Con riguardo al rilievo disciplinare dell'assenza presso il domicilio del lavoratore in malattia durante le fasce di reperibilità, l'orientamento della giurisprudenza non è univoco.
Una parte di essa, infatti, ritiene rilevante di per sé l'assenza ingiustificata durante la reperibilità, dando rilievo all'interesse del datore di lavoro a ricevere la prestazione e dunque a controllare l'effettiva sussistenza della causa impeditiva.
“La permanenza presso il proprio domicilio durante le fasce orarie previste per le visite mediche domiciliari di controllo costituisce, non già un onere, bensì un obbligo per il lavoratore ammalato, in quanto l'assenza, rendendo di fatto impossibile il controllo in ordine alla sussistenza della malattia integra un inadempimento, sia nei confronti dell'istituto previdenziale, sia nei confronti del datore di lavoro” (Cass. n. 64/2017; in senso conforme, Tribunale di Modena n. 469/2021).
Altra parte della giurisprudenza ritiene, invece, che detta irreperibilità comporti “esclusivamente, ai sensi dell'art. 5, comma 12, d.l. 463/83, la decadenza dal trattamento economico di malattia in mancanza di altri elementi idonei a configurare un'assenza ingiustificata dal lavoro” (Tribunale di Bergamo del 7 aprile 2011).
In quest'ultima prospettiva si pone anche la pronuncia in commento che, anzi, si dimostra particolarmente garantista nei confronti del lavoratore irreperibile, tanto da affermare che “l'obbligo di cooperazione non può essere esteso fino a ricomprendere il divieto per il lavoratore medesimo di astenersi dal compiere qualsiasi atto del vivere quotidiano, normalmente compiuto all'interno delle mura domestiche” e tanto da escludere che la condotta, pur ostativa del controllo ma svolta tra le mura domestiche, possa essere equiparata ad assenza.
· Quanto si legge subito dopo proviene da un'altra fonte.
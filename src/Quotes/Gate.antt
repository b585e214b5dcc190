-- ===== src/Quotes/Gate.antt =====
-- engine/src/engine/options/marketdata.py: `require_uniform_live_provenance`, and with it the first check of
-- engine/src/engine/options/risk.py.
use ibkr_strategy_engine.Prelude.{
  ◌==◌, ℤ, ◌-ℤ◌, ltb_ℤ, String, str_eq, Bool, true, false, not, ◌&&◌, ◌||◌, if◌then◌else◌, Option,
  none, some, is_some, List, [], ◌∷◌, all, any, select,
}
use ibkr_strategy_engine.Prelude.Result.{Result, ok, err, ◌>>=◌, ◌>>◌, refuse_if}
use ibkr_strategy_engine.Domain.Legs.{OptionLegIntent}
use ibkr_strategy_engine.Quotes.{
  MarketDataProvenance, liveness, is_live, OptionGreeks, UnderlyingQuote, OptionQuote, Key,
  same_key, Generations, RefusalReason, no_quotes,
}

-- A refusal, or the `KeyError` of a subscript.
pub data GateError : Type 0 where
  refused : RefusalReason → GateError
  key_error : GateError

abbrev pub refuse_when : Bool → RefusalReason → Result GateError Unit
refuse_when test reason = refuse_if test (GateError.refused reason)

-- `age is None or age > maximum_age`
abbrev pub is_old : ℤ → ℤ → Option ℤ → Bool
is_old decision_time maximum_age none = true
is_old decision_time maximum_age (some event) = ltb_ℤ maximum_age (decision_time -ℤ event)

unfoldable pub require_live_quote : ℤ → ℤ → String → MarketDataProvenance → Result GateError Unit
require_live_quote decision_time maximum_age active_generation p = do
  refuse_when (not p.callback_received) RefusalReason.no_data_type_callback
  refuse_when (not (is_live (liveness p))) RefusalReason.realtime_data_required
  refuse_when (not (str_eq p.subscription_generation active_generation))
      RefusalReason.generation_mismatch
  refuse_when (not (is_some p.last_provider_event_at)) RefusalReason.no_provider_timestamp
  refuse_when (not (is_some p.last_local_receive_at)) RefusalReason.no_local_timestamp
  refuse_when (is_old decision_time maximum_age p.last_provider_event_at) RefusalReason.stale_quote

-- `active_generations[key]`
unfoldable pub active_generation : Generations → Key → Result GateError String
active_generation [] key = err GateError.key_error
active_generation ((known, generation) ∷ generations) key =
    let rest = active_generation generations key in
    if same_key key known then ok generation else rest

-- The loop over the legs.
unfoldable pub require_live_legs : ℤ → ℤ → Generations → List OptionQuote → Result GateError Unit
unfolding require_live_quote active_generation
require_live_legs decision_time maximum_age generations [] = ok tt
require_live_legs decision_time maximum_age generations (q ∷ legs) = do
  active ← active_generation generations (Key.contract q.con_id)
  require_live_quote decision_time maximum_age active q.provenance
  require_live_legs decision_time maximum_age generations legs

abbrev pub has_valid_delta : Option OptionGreeks → Bool
has_valid_delta none = true
has_valid_delta (some g) = is_some g.delta

abbrev pub is_superseded : Option OptionGreeks → String → Bool
is_superseded none active = false
is_superseded (some g) active = not (str_eq g.subscription_generation active)

-- Whether `stale_greeks` has a leg.
unfoldable pub any_stale : Generations → List OptionQuote → Result GateError Bool
unfolding active_generation
any_stale generations [] = ok false
any_stale generations (q ∷ legs) = do
  active ← active_generation generations (Key.contract q.con_id)
  rest ← any_stale generations legs
  ok (is_superseded q.greeks active || rest)

unfoldable pub require_uniform_live_provenance :
    ℤ → ℤ → Generations → UnderlyingQuote → List OptionQuote → Result GateError Unit
unfolding require_live_legs any_stale
require_uniform_live_provenance decision_time maximum_age generations underlying legs = do
  refuse_when (no_quotes legs) RefusalReason.mixed_provenance
  active ← active_generation generations Key.underlying
  require_live_quote decision_time maximum_age active underlying.provenance
  require_live_legs decision_time maximum_age generations legs
  refuse_when
      (not (
        is_live (liveness underlying.provenance)
        && all (λ q. is_live (liveness q.provenance)) legs))
      RefusalReason.mixed_provenance
  refuse_when (not (all (λ q. is_some q.greeks) legs)) RefusalReason.greeks_missing
  refuse_when (not (all (λ q. has_valid_delta q.greeks) legs)) RefusalReason.delta_invalid
  stale ← any_stale generations legs
  refuse_when stale RefusalReason.generation_mismatch

-- `execution_entitlement_set` of risk.py, for a strategy.
abbrev pub execution_entitlement_set : List OptionQuote → List OptionLegIntent → List OptionQuote
execution_entitlement_set quotes legs =
    select (λ q. any (λ leg. q.con_id == leg.con_id) legs) quotes
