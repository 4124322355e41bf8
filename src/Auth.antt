-- ===== src/Auth.antt =====
-- The authentication broker of internal/auth/broker.go.
pub mod Ledger
pub mod Issued
pub mod Quiet
pub mod Remote
use lottery.Prelude.{
  ℕ, ◌+◌, Bool, true, false, ◌&&◌, ◌||◌, not, Option, none, some, List, [], ◌∷◌, if◌then◌else◌,
}
use lottery.Prelude.Text.{Text, codes, text_eq, is_empty, trim_space}
use lottery.Prelude.Int.{ℤ, pos, ltb_ℤ}
use lottery.Prelude.Time.{Time, zero_time, is_zero, before}
use lottery.Account.{auth_healthy}
use lottery.State.Types.{Cookie, Store}
use lottery.State.Persist.{Env}
use lottery.State.Accounts.{set_auth_health}
use lottery.Website.{Fault, reauth_required, auth_unavailable, other, is_status}
use lottery.Service.{Reply, reply, fault, Session}
use lottery.Auth.Ledger.{Bundle, no_bundle, track_managed_session}

pub data Intent : Type 0 where
  read_only side_effect scheduled_automation explicit_reauthenticate : Intent

unfoldable pub is_explicit : Intent → Bool
is_explicit read_only = false
is_explicit side_effect = false
is_explicit scheduled_automation = false
is_explicit explicit_reauthenticate = true

pub data SessionKind : Type 0 where
  session_parent session_lottery : SessionKind

pub record LoginResult : Type 0 where
  pub user_id : ℤ
  pub access_token : Text
  pub access_expires_at : Time

pub record BridgeResult : Type 0 where
  pub access_token : Text
  pub expires_at : Time

-- What the outside answers to the n-th step of a call: the vault, where `none` is a missing secret,
-- the platform client with the cookies that it has gathered, the capacity guard, the clock, and the
-- environment of the store. Other calls may change the vault between two steps, so that a load may
-- give any bundle. `session_id` is SessionIDFromAccessToken of internal/lottery/client.go.
pub record Platform : Type 0 where
  pub load : ℕ → Text → Reply (Option Bundle)
  pub save : ℕ → Text → Bundle → Option Fault
  pub new_client : ℕ → List Cookie → Option Fault
  pub user_self : ℕ → Text → Option Fault
  pub refresh : ℕ → Reply LoginResult
  pub login : ℕ → Text → Text → Reply LoginResult
  pub bridge : ℕ → Text → ℤ → Reply BridgeResult
  pub cookies : ℕ → List Cookie
  pub capacity_hook : Option (ℕ → Option Fault)
  pub now : ℕ → Time
  pub env : ℕ → Env
  pub session_id : Text → Text

-- The state store, the steps taken so far, the credentials of each login, the number of refreshes,
-- and the bundles that were saved; the latest first.
pub record Memory : Type 0 where
  pub store : Store
  pub asked : ℕ
  pub logins : List (Text × Text)
  pub refreshes : ℕ
  pub saved : List Bundle

abbrev pub Call : Type 0 → Type 0
Call A = Reply A × Memory

unfoldable pub on_reply :
    {A B : Type 0} → Call A → (Fault → Memory → Call B) → (A → Memory → Call B) → Call B
on_reply (reply a, m) failed next = next a m
on_reply (fault why, m) failed next = failed why m

-- `if err != nil { return err }`
unfoldable pub and_then : {A B : Type 0} → Call A → (A → Memory → Call B) → Call B
and_then r next = on_reply r (λ why m. (fault why, m)) next

unfoldable pub query : {A : Type 0} → (ℕ → Reply A) → Memory → Call A
query question m = (question m.asked, record m { asked = m.asked + 1 })

-- A step that only succeeds or fails.
unfoldable pub as_reply : Option Fault → Reply (Unit {0})
as_reply none = reply tt
as_reply (some why) = fault why

-- The error of a step, wrapped in ErrAuthUnavailable; its wording is not modelled.
abbrev pub unavailable : {A : Type 0} → Text → Memory → Call A
unavailable step m = (fault (auth_unavailable step), m)

abbrev pub reauth : {A : Type 0} → Text → Memory → Call A
reauth step m = (fault (reauth_required step), m)

-- isRejection
unfoldable pub is_rejection : Fault → Bool
is_rejection why = is_status why 401 || is_status why 403

-- A minute, in the clock's nanoseconds.
abbrev pub minute : ℕ
minute = 60000000000

-- usableToken
unfoldable pub usable_token : Text → Time → Time → Bool
usable_token token expires_at now =
    if is_empty (trim_space token)
    then false
    else is_zero expires_at || before (now + minute) expires_at

unfoldable pub has_usable_parent : Bundle → Time → Bool
has_usable_parent b now = usable_token b.parent_access_token b.parent_access_expires_at now

unfoldable pub has_usable_lottery : Bundle → Time → Bool
has_usable_lottery b now = usable_token b.lottery_access_token b.lottery_access_expires_at now

-- Broker.loadBundle
unfoldable pub load_bundle : Platform → Text → Memory → Call Bundle
load_bundle p account_id m =
    on_reply (query (λ n. p.load n account_id) m)
      (λ why m. unavailable (codes "load saved session") m)
      λ found m. (reply (elim found [ none ↦ no_bundle | some bundle ↦ bundle ]), m)

-- What the store does on the side; a failed write of the health is ignored.
unfoldable pub noted_healthy : Platform → Text → Memory → Memory
noted_healthy p account_id m = record m {
  store = (set_auth_health (p.env m.asked) account_id auth_healthy m.store).1;
  asked = m.asked + 1;
}

-- Broker.persistLocked for a healthy account
unfoldable pub persist_locked : Platform → Text → Bundle → Memory → Call (Unit {0})
persist_locked p account_id bundle m =
    on_reply (query (λ n. as_reply (p.save n account_id bundle)) m)
      (λ why m. unavailable (codes "persist session") m)
      λ _ m. (reply tt, noted_healthy p account_id (record m { saved = bundle ∷ m.saved }))

-- The bundle with a new parent session.
unfoldable pub with_parent : Platform → LoginResult → ℕ → Bundle → Bundle
with_parent p result n bundle =
    let token = trim_space result.access_token in
    track_managed_session (p.session_id token) (p.now n) (record bundle {
      user_id = result.user_id;
      parent_access_token = token;
      parent_access_expires_at = result.access_expires_at;
      lottery_access_token = [];
      lottery_access_expires_at = zero_time;
      cookies = p.cookies n;
    })

-- Broker.persistParentSessionLocked, which leaves the bundle with the new session.
unfoldable pub persist_parent_session_locked :
    Platform → Text → Bundle → LoginResult → Memory → Call Bundle
persist_parent_session_locked p account_id bundle result m =
    if not (ltb_ℤ (pos 0) result.user_id) || is_empty (trim_space result.access_token)
    then unavailable (codes "session response") m
    else let written = with_parent p result m.asked bundle in
      and_then (persist_locked p account_id written m) λ _ m. (reply written, m)
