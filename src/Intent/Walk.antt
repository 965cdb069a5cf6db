-- ===== src/Intent/Walk.antt =====
-- bantu_os/core/intent/intent_kernel.py: the walk over a goal tree, with confirmation and retries.
-- The agent manager and the resolver act on a world of their own, `W`.
pub mod Retries
pub mod Ends
pub mod Safety
pub mod Outcomes
use bantu_os.Prelude.{
  ℕ, zero, suc, ◌+◌, ◌≡◌, Bool, true, false, not, ◌&&◌, ◌||◌, Option, none, some, List, [], ◌∷◌,
  ◌++◌, arith, ltb, leb, eqb, Result, ok, err, any, length, if◌then◌else◌,
}
use bantu_os.Prelude.Text.{Text, codes, ◌==◌, lower, starts_with}
use bantu_os.Prelude.Decimal.{decimal}
use bantu_os.Intent.Tree.{
  GoalStatus, running, blocked, Goal, GoalNode, GoalNodes, node, nil, cons, mark_done, mark_failed,
  decide, leaf_nodes,
}
use bantu_os.Intent.Gate.{
  ConfirmationRequest, requires_confirmation, describe_impact, build_request,
}
use bantu_os.Intent.Leaf.{AgentManager, Failure, execute_leaf, message_of}

-- Kinds of `GoalEvent`, with the id of the node and the message.
pub data Event : Type 0 where
  task_started task_done task_failed task_retry task_skipped : ℕ → Text → Event

-- What ends a walk before its end.
pub data Stop : Type 0 where
  aborted : ℕ → Stop
  failed : Text → Stop
  out_of_fuel : Stop

-- The kernel's state: the approved steps, the monitor's events, and the world.
pub record State (W : Type 0) : Type 0 where
  pub approved : List (Text × Option Text)
  pub events : List Event
  pub world : W

-- `(node.text, node.tool)` against an approved step.
same_tool : Option Text → Option Text → Bool
same_tool none none = true
same_tool (some s) (some t) = s == t
same_tool s t = false

unfoldable pub is_approved : Goal → List (Text × Option Text) → Bool
unfolding same_tool
is_approved g approved = any (λ k. k.0 == g.text && same_tool k.1 g.tool) approved

module _ {W : Type 0} where
  unfoldable pub emit : Event → State W → State W
  emit e s = record s { events = s.events ++ e ∷ [] }

  abbrev pub set_world : State W → W → State W
  set_world s w = record s { world = w }

  unfoldable pub needs_confirmation : Goal → State W → Bool
  needs_confirmation g s = if is_approved g s.approved then false else requires_confirmation g

-- The resolver's answer, or its exception.
abbrev pub Resolver : Type 0 → Type 0
Resolver W = ConfirmationRequest → W → Result Text Text × W

-- How a step of the walk went, the node as it is then, and the state.
abbrev pub Step : Type 0 → Type 0 → Type 0
Step N W = Result Stop (Unit {0}) × N × State W

-- The fuel for the attempts at one leaf: the third failure is never retried.
abbrev pub max_attempts : ℕ
max_attempts = 3

-- The node as its walk begins.
abbrev pub started : Goal → Goal
started g = record g { status = running }

module _ {W : Type 0} where
  -- `_handle_confirmation` of a step that needs it: whether to go on.
  unfoldable pub skip : Text → Goal → State W → Step Goal W × Bool
  skip why g s = (
    (ok tt, record g { status = blocked; error = some why }, emit (task_skipped g.id why) s),
    false,
  )

  unfoldable pub answered : Goal → State W → Text → Step Goal W × Bool
  unfolding skip
  answered g s decision =
      if decision == codes "approve"
      then ((ok tt, g, record s { approved = (g.text, g.tool) ∷ s.approved }), true)
      else if decision == codes "skip"
      then skip (codes "Skipped by user") g s
      else if decision == codes "abort"
      then ((err (aborted g.id), g, s), false)
      else skip (codes "Skipped (unrecognised confirmation response)") g s

  unfoldable pub handle_confirmation : Option (Resolver W) → Goal → State W → Step Goal W × Bool
  unfolding answered
  handle_confirmation none g s =
      skip (codes "Destructive step skipped (no confirmation resolver)") g s
  handle_confirmation (some ask) g s =
      let (r, w) = ask (build_request g) s.world in
      elim r [
        | ok decision ↦ answered g (set_world s w) decision
        | err e ↦ ((err (failed e), g, set_world s w), false)
      ]

  unfoldable pub leaf_node : Step Goal W → Step GoalNode W
  leaf_node (r, g, s) = (r, node g nil, s)

  -- A node is done when its children are walked.
  unfoldable pub close_node : Goal → Step GoalNodes W → Step GoalNode W
  close_node g (ok u, cs, s) = (ok tt, node (mark_done none g) cs, emit (task_done g.id g.text) s)
  close_node g (err e, cs, s) = (err e, node g cs, s)

  unfoldable pub after_first : GoalNode → Step GoalNodes W → Step GoalNodes W
  after_first n (r, ns, s) = (r, cons n ns, s)

  -- One round of the loop over the children, `rest` being those that follow.
  unfoldable pub then_children :
      Step GoalNode W → GoalNodes → (State W → Step GoalNodes W) → Step GoalNodes W
  then_children (ok u, n, s) ns rest = after_first n (rest s)
  then_children (err e, n, s) ns rest = (err e, cons n ns, s)

module _ {W : Type 0} (am : AgentManager W) (limit : Text) (max_retries : ℕ) where
  -- The `while True` of `_walk`, in its round `attempt`.
  unfoldable pub attempts : ℕ → ℕ → Goal → State W → Step Goal W
  attempts zero attempt g s = (err out_of_fuel, g, s)
  attempts (suc fuel) attempt g s =
      let (r, w) = execute_leaf am g s.world in
      elim r [
        | ok result ↦
            (ok tt, mark_done (some result) g, emit (task_done g.id g.text) (set_world s w))
        | err f ↦
            let error = message_of limit g f in
            let s' = emit (task_failed g.id error) (set_world s w) in
            let (again, g') = decide g error in
            let rest = attempts fuel (attempt + 1) g' (
              emit
                (task_retry g.id (codes "Retrying '" ++ (g.text ++ (codes "' after: " ++ error))))
                s') in
            if again && leb attempt max_retries
            then rest
            else (err (failed error), mark_failed error g', s')
      ]

  -- The leaf is run once it is confirmed or needs no confirmation.
  run_confirmed : Step Goal W × Bool → Step Goal W
  run_confirmed ((r, g, s), true) = attempts max_attempts 1 g s
  run_confirmed (step, false) = step

  unfoldable pub walk_leaf : Option (Resolver W) → Goal → State W → Step Goal W
  unfolding run_confirmed
  walk_leaf resolver g s =
      if needs_confirmation g s
      then run_confirmed (handle_confirmation resolver g s)
      else attempts max_attempts 1 g s

module _ {W : Type 0} (am : AgentManager W) (limit : Text) (max_retries : ℕ)
    (resolver : Option (Resolver W)) where
  unfoldable mutual
    -- `_walk`
    pub walk : GoalNode → State W → Step GoalNode W
    walk (node g nil) s =
        leaf_node
          (walk_leaf am limit max_retries resolver (started g) (emit (task_started g.id g.text) s))
    walk (node g (cons n ns)) s =
        close_node (started g) (walk_children (cons n ns) (emit (task_started g.id g.text) s))

    -- The loop over `children`, which an abort or a failure ends.
    pub walk_children : GoalNodes → State W → Step GoalNodes W
    walk_children nil s = (ok tt, nil, s)
    walk_children (cons n ns) s = then_children (walk n s) ns (walk_children ns)
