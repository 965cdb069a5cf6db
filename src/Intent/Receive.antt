-- ===== src/Intent/Receive.antt =====
-- bantu_os/core/intent/intent_kernel.py: `receive_streaming`, as the list of the frames that it
-- yields, and the marking after an abort. What the planner returns or raises, the printing of a
-- tree and the store of memories are arguments.
pub mod Frames
use bantu_os.Prelude.{
  ℕ, ◌+◌, ◌≡◌, ◌≢◌, refl, Bool, true, false, Option, none, some, List, [], ◌∷◌, ◌++◌, arith, eqb,
  Result, ok, err, length, Result-cases, inl, inr, if◌then◌else◌,
}
use bantu_os.Prelude.Text.{Text, codes}
use bantu_os.Prelude.Decimal.{decimal}
use bantu_os.Intent.Tree.{
  GoalStatus, pending, running, blocked, Goal, GoalNode, GoalNodes, node, nil, cons, goal_of,
  children_of, mark_done, leaf_nodes,
}
use bantu_os.Intent.Leaf.{AgentManager}
use bantu_os.Intent.Walk.{Stop, aborted, failed, out_of_fuel, State, Resolver, Step, walk_children}

-- The fields of `GoalTree` that are read.
pub record GoalTree : Type 0 where
  pub root : GoalNode
  pub clarification_needed : Bool
  pub clarification_question : Option Text

-- The frames by their "type"; each shows the tree as it is when the frame is made.
pub data Frame : Type 0 where
  plan_failed : Text → Frame
  clarification : Text → GoalNode → Frame
  goal_update : Text → GoalNode → Frame
  goal_complete : Text → Bool → GoalNode → Frame
  goal_failed : Text → GoalNode → Frame

-- `if node.status in (PENDING, RUNNING)`
unfoldable pub block_goal : Goal → Goal
block_goal g = elim g.status [
  | pending ↦ record g { status = blocked; error = some (codes "Blocked by upstream abort") }
  | running ↦ record g { status = blocked; error = some (codes "Blocked by upstream abort") }
  | _ ↦ g
]

unfoldable mutual
  pub block : GoalNode → GoalNode
  block (node g cs) = node (block_goal g) (block_children cs)

  pub block_children : GoalNodes → GoalNodes
  block_children nil = nil
  block_children (cons n ns) = cons (block n) (block_children ns)

-- The first node with an id, before its children, is blocked; whether there was one.
unfoldable mutual
  pub block_at : ℕ → GoalNode → Bool × GoalNode
  block_at id (node g cs) =
      let (found, ds) = block_in id cs in
      if eqb g.id id then (true, block (node g cs)) else (found, node g ds)

  pub block_in : ℕ → GoalNodes → Bool × GoalNodes
  block_in id nil = (false, nil)
  block_in id (cons n ns) =
      let (found, n') = block_at id n in
      let (later, ns') = block_in id ns in if found then (true, cons n' ns) else (later, cons n ns')

-- `_mark_descendants_blocked`
unfoldable pub mark_descendants_blocked : ℕ → GoalNode → GoalNode
mark_descendants_blocked id root = (block_at id root).1

-- `clarification_question or "…"`
unfoldable pub question_of : Option Text → Text
question_of none = codes "Could you clarify your goal?"
question_of (some []) = codes "Could you clarify your goal?"
question_of (some (c ∷ s)) = c ∷ s

unfoldable pub queued : GoalNode → Text
queued root =
    codes "Planning complete. " ++ (decimal (length (leaf_nodes root)) ++ codes " steps queued.")

module _ {W : Type 0} (am : AgentManager W) (limit : Text) (max_retries : ℕ)
    (resolver : Option (Resolver W)) (render : GoalNode → Text) (persist : GoalNode → W → W) where
  -- The frames after the walk over the children of the root `g`.
  unfoldable pub frames_after : Goal → Step GoalNodes W → List Frame × State W
  frames_after g (ok u, cs, s) =
      let root = node (mark_done (some (render (node g cs))) g) cs in
      (goal_complete (render root) false root ∷ [], record s { world = persist root s.world })
  frames_after g (err (aborted id), cs, s) =
      let root = mark_descendants_blocked id (node g cs) in
      (
        goal_update (codes "Goal aborted by user.") root
            ∷ goal_complete (render root) true root
            ∷ [],
        s,
      )
  frames_after g (err (failed e), cs, s) = (goal_failed e (node g cs) ∷ [], s)
  frames_after g (err out_of_fuel, cs, s) = ([], s)

  unfoldable pub frames_of : GoalTree → State W → List Frame × State W
  unfolding queued
  frames_of tree s =
      if tree.clarification_needed
      then (clarification (question_of tree.clarification_question) tree.root ∷ [], s)
      else (let (frames, s') =
            frames_after (goal_of tree.root)
              (walk_children am limit max_retries resolver (children_of tree.root) s) in
          (goal_update (queued tree.root) tree.root ∷ frames, s'))

  -- `receive_streaming`, on what `decompose` returned or raised.
  unfoldable pub receive_streaming : Result Text GoalTree → State W → List Frame × State W
  receive_streaming (err e) s = (plan_failed e ∷ [], s)
  receive_streaming (ok tree) s = frames_of tree s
Con riferimento, invece, al profilo probatorio, seppur in sede di legittimità sia preclusa la diversa valutazione delle risultanze istruttorie, il caso in esame pone evidenti criticità con riguardo all'assolvimento dell'onere della prova, gravante sul lavoratore, della sua presenza presso il domicilio nelle fasce di reperibilità e, in particolare, al momento del tentativo di accesso da parte del medico fiscale.
È opportuno, infine, evidenziare che nei casi in cui la giurisprudenza ha riconosciuto il rilievo disciplinare dell'irreperibilità, ha anche ammesso il recesso datoriale (ex multis, Cass. n. 24681/2016).
L'eventuale adozione della sanzione espulsiva, infatti, “non presuppone necessariamente l'esistenza di una specifica previsione di tale mancanza nel codice disciplinare applicabile, atteso che la predisposizione di una normativa secondaria è richiesta solo per l'esercizio del potere disciplinare con l'adozione di misure conservative, mentre il potere di recedere dal rapporto per giusta causa o giustificato motivo deriva direttamente dalla legge” (Cass. n. 3915/1996).
Il recesso, tuttavia, deve essere sempre valutato tenendo conto del principio di proporzionalità della sanzione disciplinare rispetto al comportamento complessivamente tenuto dal lavoratore.